I feel that it is high time that Peewee had an assyncio story. I've avoided this for years because asyncio is, in my opinion, a lousy design for anything beyond massively concurrent I/O multiplexing. Database operations and transactions, while needing to support some degree of concurrency (Sqlite doesn't even manage that), are still rather heavy operations - Postgres default config specifies a max of 100 connections. Nonetheless, the writing has been on the wall for years now, and much like toml, type whispering, and the withering bouquet of packaging tools waiting to be tossed, asyncio is not going anywhere. Peewee remains a synchronous ORM, but in order to work with the ever-widening sphere of async-first web frameworks and database drivers, it was time to come up with a plan.

That inscrutable thing is chiefly what I hate; and be the white whale agent, or be the white whale principal, I will wreak that hate upon him.

While I still prefer threads or gevent, the implementation in playhouse/pwasyncio.py presents a fairly manageable surface area (at time of writing under 500 lines of code). Over time I'm sure this will grow, but this is a beginning at any rate.

The guiding principle of the new asyncio layer is that it doesn't get to affect the ORM. Queries, working with models, transactions, and resolving relationships all continue to behave the way they always have. Asyncio happens only during calls to execute_sql(), the lowest-common-denominator for operations in Peewee. To accomplish this, I've borrowed the same approach SQLAlchemy is using. It uses greenlet (not gevent!) to wrap synchronous code in something we can suspend and resume when blocking occurs. Control can then be passed back-and-forth between our greenlet and the asyncio event loop without needing to rewrite everything top-to-bottom.

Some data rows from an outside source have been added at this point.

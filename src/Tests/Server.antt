-- ===== src/Tests/Server.antt =====
-- The cache of replays at a log that grows.
use ahp_inspector.Base.{[], ◌∷◌, ◌==◌, ◌≡◌, refl}
use ahp_inspector.Base.Int.{pos}
use ahp_inspector.Core.Replay.Run.{replay_to_index}
use ahp_inspector.Server.StateReplayIndex.{Host, StateReplayIndex, new_index, reset, state_at_index}
use ahp_inspector.Server.StateReplayIndex.Transparent.{
  IsValid, state_at_index-replay, fresh-IsValid,
}
use ahp_inspector.Tests.Samples.{ping, pong}
use ahp_inspector.Tests.Replay.{protocol}

-- events are told apart by their sequence numbers, and each replay counts for 100 bytes
abbrev host : Host
host = record { protocol = protocol; same = λ a b. a.seq == b.seq; estimate = λ result stop. 100 }

abbrev index : StateReplayIndex
index = new_index (ping ∷ []) 2 250

fresh-IsValid_example :
    IsValid host (ping ∷ []) (new_index (ping ∷ []) 2 250)
    × IsValid host (ping ∷ []) (reset (ping ∷ []) index)
fresh-IsValid_example = fresh-IsValid host (ping ∷ []) 2 250 index

-- the replay to event 0, cached, and again when the log has grown
abbrev warm : StateReplayIndex
warm = (state_at_index host (ping ∷ []) (pos 0) index).1

warm-IsValid : IsValid host (ping ∷ []) warm
warm-IsValid =
    (state_at_index-replay host (ping ∷ []) (ping ∷ []) (pos 0) index (λ _. ([], refl))
      (fresh-IsValid host (ping ∷ []) 2 250 index).0).1

state_at_index-replay_example :
    ((state_at_index host (ping ∷ pong ∷ []) (pos 0) warm).0.result
      ≡ replay_to_index protocol (ping ∷ pong ∷ []) (pos 0))
    × IsValid host (ping ∷ pong ∷ []) (state_at_index host (ping ∷ pong ∷ []) (pos 0) warm).1
state_at_index-replay_example =
    state_at_index-replay host (ping ∷ []) (ping ∷ pong ∷ []) (pos 0) warm (λ _. (pong ∷ [], refl))
      warm-IsValid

This design makes it so that, rather than rewriting Peewee to be async-friendly, we instead have a thin compatibility layer that bridges synchronous Peewee with the asyncio event loop and programming model.

This is a barebones example using the run() helper, the primary entry-point for asyncio code:

import asyncio
from peewee import *
from playhouse.pwasyncio import AsyncSqliteDatabase

db = AsyncSqliteDatabase('example.db')

class User(db.Model):
    name = TextField()

async def demo():
    async with db:
        await db.run(db.create_tables, [User])
        await db.run(User.create, name='Charlie')

        def get_user():
            return User.select().where(User.name == 'Charlie').get()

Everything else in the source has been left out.